10 for 2010: Favorite Female Characters

For all the male characters yesterday, I must not forget about the females. :) I love reading about kick-ass heroines, especially after reading about so many weak, Mary Sue-ish heroines in other books who cannot live without their guy. That doesn’t mean they can’t be weak or cry or what — they do. They are weak at times, but in this weakness they find their strengths, too.

I had a hard time writing this list because I met so many awesome female characters this year. But that just goes to show how girls rock, doesn’t it? :) Today’s 10 for 2010 is my Favorite Female Characters.

1. Kate Daniels (Kate Daniels series by Ilona Andrews) – If there’s ever a most kick-ass heroine I’ve “met” this year, it has got to be Kate. Kate is strong, stubborn and powerful, and yet she’s also very compassionate. Kate is like Thursday Next in an urban fantasy setting, and maybe even more. I might still need to re-read Thursday Next, but if it comes to combat, I think Kate will win. Sorry Thursday, but don’t worry, I still love you! :)

2. Alanna of Trebond (Song of the Lioness quartet by Tamora Pierce) – I must pay homage to the mother of all kick-ass female characters in the YA fantasy genre (correct me if I am wrong though): Alanna of Trebond. Alanna is the heroine that went against all odds just so she can be what she wants but normally cannot be: a knight. I loved Alanna from the moment she decided to become a knight up to when she finally settled down. But is there really any settling down for her? :) After reading the Song of the Lioness quartet, I now understand why girls consider Alanna as their hero. :)

3. Katsa (Graceling by Kristin Cashore) – Katsa is awesome not only because she’s Graced, but because she stood up to free herself from the people who want to take her in. And just like the first two girls, she also kicked serious ass in her book. :D What’s not to love about her?

4. Fire (Fire by Kristin Cashore) – Fire is a monster with a heart. I loved that description, and I loved her development from being a woman afraid of her beauty to someone who learned to use her beauty to help others.
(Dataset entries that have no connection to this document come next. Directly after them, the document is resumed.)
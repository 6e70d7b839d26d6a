-- ===== src/Tests/Withdrawal.antt =====
-- The theorems on the withdraw protocol at a concrete context.
use indrav.Prelude.{◌≡◌, refl, none, some, [], ◌∷◌, arith}
use indrav.Prelude.Int.{pos, ◌+ℤ◌, ◌-ℤ◌}
use indrav.Prelude.Dict.{lookup}
use indrav.Prelude.Result.{ok}
use indrav.CoinTransfers.{merge, flip, flip_token_indexed_balances, flip_tokens_onto}
use indrav.AppInstance.{
  AppInstance, set_app_state, app_to_json, app_from_json, hash_of_latest_state, identity_hash,
  encoded_latest_state, single_asset_interpreter_params,
}
use indrav.FreeBalance.{
  increment, from_app_instance, to_app_instance, serialize_free_balance_state,
  deserialize_free_balance_state, free_balance_add_active_app, free_balance_remove_active_app,
  sort_addresses,
}
use indrav.StateChannel.{
  StateChannel, new_state_channel, free_balance, get_free_balance_class, get_signing_keys_for,
  get_free_balance_addr_of, most_recently_installed_app_instance, get_next_signing_keys,
  get_app_instance,
}
use indrav.StateChannel.Operations.{
  build, set_free_balance, add_active_app, increment_free_balance, remove_active_app,
  add_active_app_and_increment_free_balance, remove_proposal,
  remove_active_app_and_increment_free_balance,
}
use indrav.StateChannel.Installs.{install_app, uninstall_app}
use indrav.Commitment.{
  Commitment, state_commitment, get_signed_transaction, hash_to_sign, get_transaction_details,
}
use indrav.Machine.{Protocol, Context, WithdrawProtocolParams}
use indrav.Machine.Play.{play}
use indrav.Protocol.{answer, with_signature, with_two_signatures}
use indrav.Protocol.Withdraw.{add_refund_app, refund_app, refund_conditional, withdrawal_commitment}
use indrav.Protocol.Withdraw.Sides.{withdraw_initiating, withdraw_responding}
use indrav.Protocol.Withdraw.Balances.{refund_hash, Withdrawn, withdraw_moves}
use indrav.Protocol.Withdraw.Collision.{withdraw-restores_apps, withdraw-removes_latest}
use indrav.Protocol.Withdraw.Exchange.{
  Withdrawable, responder_messages, initiator_messages, both_stored, withdraw-completes,
}
use indrav.Tests.Toy.{toy, toy_laws, toy_chain, toy_ethereum, network, game, blank, value_of}
use indrav.Tests.Table.{table, balance_app, context_of, receives, signer_of, some_commitment}

abbrev withdraw : WithdrawProtocolParams
withdraw = record {
  initiator_xpub = 1;
  responder_xpub = 2;
  multisig_address = 77;
  recipient = 400;
  amount = pos 1;
  token_address = 0;
}

-- The table once another app has been proposed.
abbrev later : StateChannel
later = record table { monotonic_num_proposed_apps = 4 }

abbrev with_refund : StateChannel → StateChannel
with_refund sc = value_of blank (add_refund_app withdraw network sc)

abbrev without_refund : StateChannel → StateChannel
without_refund sc =
    value_of blank (uninstall_app (refund_hash withdraw network sc) [] (with_refund sc))

address_of : get_free_balance_addr_of 1 table ≡ ok 100
unfolding get_free_balance_addr_of
address_of = refl

address_of_later : get_free_balance_addr_of 1 later ≡ ok 100
unfolding get_free_balance_addr_of
address_of_later = refl

adds : add_refund_app withdraw network table ≡ ok (with_refund table)
unfolding add_refund_app get_free_balance_addr_of install_app uninstall_app get_app_instance
    get_next_signing_keys get_signing_keys_for sort_addresses new_state_channel
    increment_free_balance get_free_balance_class free_balance from_app_instance
    deserialize_free_balance_state serialize_free_balance_state increment merge ◌+ℤ◌
    set_free_balance app_from_json app_to_json set_app_state flip flip_token_indexed_balances
    flip_tokens_onto free_balance_add_active_app free_balance_remove_active_app remove_active_app
    to_app_instance ◌-ℤ◌ add_active_app add_active_app_and_increment_free_balance
    remove_active_app_and_increment_free_balance build remove_proposal refund_conditional
    most_recently_installed_app_instance single_asset_interpreter_params withdrawal_commitment
    state_commitment hash_of_latest_state encoded_latest_state get_signed_transaction hash_to_sign
    get_transaction_details
adds = refl

adds_later : add_refund_app withdraw network later ≡ ok (with_refund later)
unfolding add_refund_app get_free_balance_addr_of install_app uninstall_app get_app_instance
    get_next_signing_keys get_signing_keys_for sort_addresses new_state_channel
    increment_free_balance get_free_balance_class free_balance from_app_instance
    deserialize_free_balance_state serialize_free_balance_state increment merge ◌+ℤ◌
    set_free_balance app_from_json app_to_json set_app_state flip flip_token_indexed_balances
    flip_tokens_onto free_balance_add_active_app free_balance_remove_active_app remove_active_app
    to_app_instance ◌-ℤ◌ add_active_app add_active_app_and_increment_free_balance
    remove_active_app_and_increment_free_balance build remove_proposal refund_conditional
    most_recently_installed_app_instance single_asset_interpreter_params withdrawal_commitment
    state_commitment hash_of_latest_state encoded_latest_state get_signed_transaction hash_to_sign
    get_transaction_details
adds_later = refl

removes :
    uninstall_app (refund_hash withdraw network table) [] (with_refund table)
    ≡ ok (without_refund table)
unfolding add_refund_app get_free_balance_addr_of install_app uninstall_app get_app_instance
    get_next_signing_keys get_signing_keys_for sort_addresses new_state_channel
    increment_free_balance get_free_balance_class free_balance from_app_instance
    deserialize_free_balance_state serialize_free_balance_state increment merge ◌+ℤ◌
    set_free_balance app_from_json app_to_json set_app_state flip flip_token_indexed_balances
    flip_tokens_onto free_balance_add_active_app free_balance_remove_active_app remove_active_app
    to_app_instance ◌-ℤ◌ add_active_app add_active_app_and_increment_free_balance
    remove_active_app_and_increment_free_balance build remove_proposal refund_conditional
    most_recently_installed_app_instance single_asset_interpreter_params withdrawal_commitment
    state_commitment hash_of_latest_state encoded_latest_state get_signed_transaction hash_to_sign
    get_transaction_details
removes = refl

removes_later :
    uninstall_app (refund_hash withdraw network later) [] (with_refund later)
    ≡ ok (without_refund later)
unfolding add_refund_app get_free_balance_addr_of install_app uninstall_app get_app_instance
    get_next_signing_keys get_signing_keys_for sort_addresses new_state_channel
    increment_free_balance get_free_balance_class free_balance from_app_instance
    deserialize_free_balance_state serialize_free_balance_state increment merge ◌+ℤ◌
    set_free_balance app_from_json app_to_json set_app_state flip flip_token_indexed_balances
    flip_tokens_onto free_balance_add_active_app free_balance_remove_active_app remove_active_app
    to_app_instance ◌-ℤ◌ add_active_app add_active_app_and_increment_free_balance
    remove_active_app_and_increment_free_balance build remove_proposal refund_conditional
    most_recently_installed_app_instance single_asset_interpreter_params withdrawal_commitment
    state_commitment hash_of_latest_state encoded_latest_state get_signed_transaction hash_to_sign
    get_transaction_details
removes_later = refl

withdraw_moves_example : Withdrawn withdraw network 100 later (without_refund later)
withdraw_moves_example =
    withdraw_moves toy_laws withdraw network later refl address_of_later adds_later removes_later

fresh : lookup (refund_hash withdraw network later) later.app_instances ≡ none
unfolding get_next_signing_keys get_signing_keys_for sort_addresses
fresh = refl

withdraw-restores_apps_example :
    (most_recently_installed_app_instance (with_refund later)
      ≡ ok (refund_app withdraw network later))
    × ((without_refund later).app_instances ≡ later.app_instances)
withdraw-restores_apps_example =
    withdraw-restores_apps toy_laws withdraw network later refl address_of_later (omega arith, tt)
      fresh adds_later removes_later

participants : game.participants ≡ get_next_signing_keys table
unfolding get_next_signing_keys get_signing_keys_for sort_addresses
participants = refl

withdraw-removes_latest_example :
    (lookup (identity_hash game) (without_refund table).app_instances ≡ none)
    × Withdrawn withdraw network 100 table (without_refund table)
withdraw-removes_latest_example =
    withdraw-removes_latest toy_laws withdraw network table game refl address_of (refl, tt) refl
      participants refl adds removes

abbrev initiator : Context WithdrawProtocolParams
initiator = record (context_of withdraw) { state_channels_map = (77, later) ∷ [] }

abbrev responder : Context WithdrawProtocolParams
responder = record (receives withdraw 100) { state_channels_map = (77, later) ∷ [] }

abbrev conditions : Commitment
conditions = value_of some_commitment (refund_conditional network (with_refund later))

abbrev balance_of : StateChannel → AppInstance
balance_of sc = value_of balance_app (free_balance sc)

abbrev balance_update : StateChannel → Commitment
balance_update sc = value_of some_commitment (state_commitment network (balance_of sc))

can_withdraw :
    Withdrawable withdraw initiator responder
      (signer_of 1)
      (signer_of 2)
      (with_refund later)
      (without_refund later)
      conditions
      (balance_update (with_refund later))
      (balance_update (without_refund later))
unfolding add_refund_app get_free_balance_addr_of install_app uninstall_app get_app_instance
    get_next_signing_keys get_signing_keys_for sort_addresses new_state_channel
    increment_free_balance get_free_balance_class free_balance from_app_instance
    deserialize_free_balance_state serialize_free_balance_state increment merge ◌+ℤ◌
    set_free_balance app_from_json app_to_json set_app_state flip flip_token_indexed_balances
    flip_tokens_onto free_balance_add_active_app free_balance_remove_active_app remove_active_app
    to_app_instance ◌-ℤ◌ add_active_app add_active_app_and_increment_free_balance
    remove_active_app_and_increment_free_balance build remove_proposal refund_conditional
    most_recently_installed_app_instance single_asset_interpreter_params withdrawal_commitment
    state_commitment hash_of_latest_state encoded_latest_state get_signed_transaction hash_to_sign
    get_transaction_details
can_withdraw = record {
  pre = later;
  refund = refund_app withdraw network later;
  fb = balance_of (with_refund later);
  final_fb = balance_of (without_refund later);
  initiator = 100;
  responder = 200;
  params_i = refl;
  params_r = refl;
  network = refl;
  stored_i = refl;
  stored_r = refl;
  address_i = refl;
  address_r = refl;
  adds = refl;
  latest = refl;
  conditions = refl;
  has_fb = refl;
  commits = refl;
  removes = refl;
  has_final_fb = refl;
  commits_final = refl;
  conditional_signable = record {
    initiator_signs = refl;
    responder_signs = refl;
    tx_i = _;
    tx_r = _;
    joins_i = refl;
    joins_r = refl;
  };
  update_signable = record {
    initiator_signs = refl;
    responder_signs = refl;
    tx_i = _;
    tx_r = _;
    joins_i = refl;
    joins_r = refl;
  };
  withdrawal_signable = record {
    initiator_signs = refl;
    responder_signs = refl;
    tx_i = _;
    tx_r = _;
    joins_i = refl;
    joins_r = refl;
  };
  uninstall_signable = record {
    initiator_signs = refl;
    responder_signs = refl;
    tx_i = _;
    tx_r = _;
    joins_i = refl;
    joins_r = refl;
  };
  custom = refl;
}

withdraw-completes_example :
    (play
        (signer_of 2)
        (answer 1 Protocol.withdraw 2 (with_two_signatures 100 100)
          ∷ answer 1 Protocol.withdraw 2 (with_signature 100)
          ∷ [])
        (withdraw_responding responder)
      ≡ record {
        persisted = (without_refund later ∷ []) ∷ [];
        sent =
            responder_messages responder withdraw
              (signer_of 2)
              conditions
              (balance_update (with_refund later))
              (withdrawal_commitment withdraw (with_refund later))
              (balance_update (without_refund later));
        result = some (both_stored (with_refund later) (without_refund later) ((77, later) ∷ []));
      })
    × (play
          (signer_of 1)
          (responder_messages responder withdraw
            (signer_of 2)
            conditions
            (balance_update (with_refund later))
            (withdrawal_commitment withdraw (with_refund later))
            (balance_update (without_refund later)))
          (withdraw_initiating initiator)
        ≡ record {
          persisted = (without_refund later ∷ []) ∷ [];
          sent =
              initiator_messages initiator withdraw
                (signer_of 1)
                conditions
                (balance_update (with_refund later))
                (withdrawal_commitment withdraw (with_refund later))
                (balance_update (without_refund later));
          result = some (both_stored (with_refund later) (without_refund later) ((77, later) ∷ []));
        })
withdraw-completes_example =
    withdraw-completes withdraw initiator responder (signer_of 1) (signer_of 2) (with_refund later)
      (without_refund later) conditions (balance_update (with_refund later))
      (balance_update (without_refund later)) can_withdraw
5. Terra Cooper (North of Beautiful by Justina Chen Headley) – Terra is hard to understand at first. I envied her for her sheer willpower to exercise and be “perfect” physically, but I also felt sorry for her because she was trapped in a cage that her father built for her and her mom. But as the story went on, I saw Terra’s growth, and I wanted her to win. Like Terra, I want to remember and hold on to what true beauty is all about: Let the glossy spreads have their heart-stopping, head-turning kind of beauty. Give me the heart-filling beauty instead. Jolie laide, that’s what I would choose. Flawed, we’re truly interesting, truly memorable, and yes, truly beautiful.

6. Georgia Mason (Feed by Mira Grant) – I love that Georgia is a blogger, but I think what most readers would really love about her is her integrity. She really embodies what a journalist is supposed to be. You would have to kill her to stop her from telling the truth, and yet, even so, I bet she will still be able to get the truth out. I bet Georgia would have made a great politician, too. ;)

7. Anne Elliot (Persuasion by Jane Austen) – Ah Anne. Okay, so I’ve only “met” Elizabeth Bennett among all Austen heroines. I know I have no point of comparison over the other heroines because I have yet to read them, but Anne Elliot is someone that I really want to be. She’s smart, she’s mature, she’s gracious, and she always has her heart in the right place. Definitely the epitome of great female characters. :)

8. Samantha Kingston (Before I Fall by Lauren Oliver) – Samantha is not someone I’d be friends with if we were in the same school. I wouldn’t really like her much, either, given the way she treats other people. But Samantha’s story taught me that there is always more underneath a person other than our first impressions on them. Sam started out as a bitch, but I ended up loving her as a friend as she repeated the last day of her life, and wanting her to succeed in whatever life is teaching her on her last day. Definitely memorable.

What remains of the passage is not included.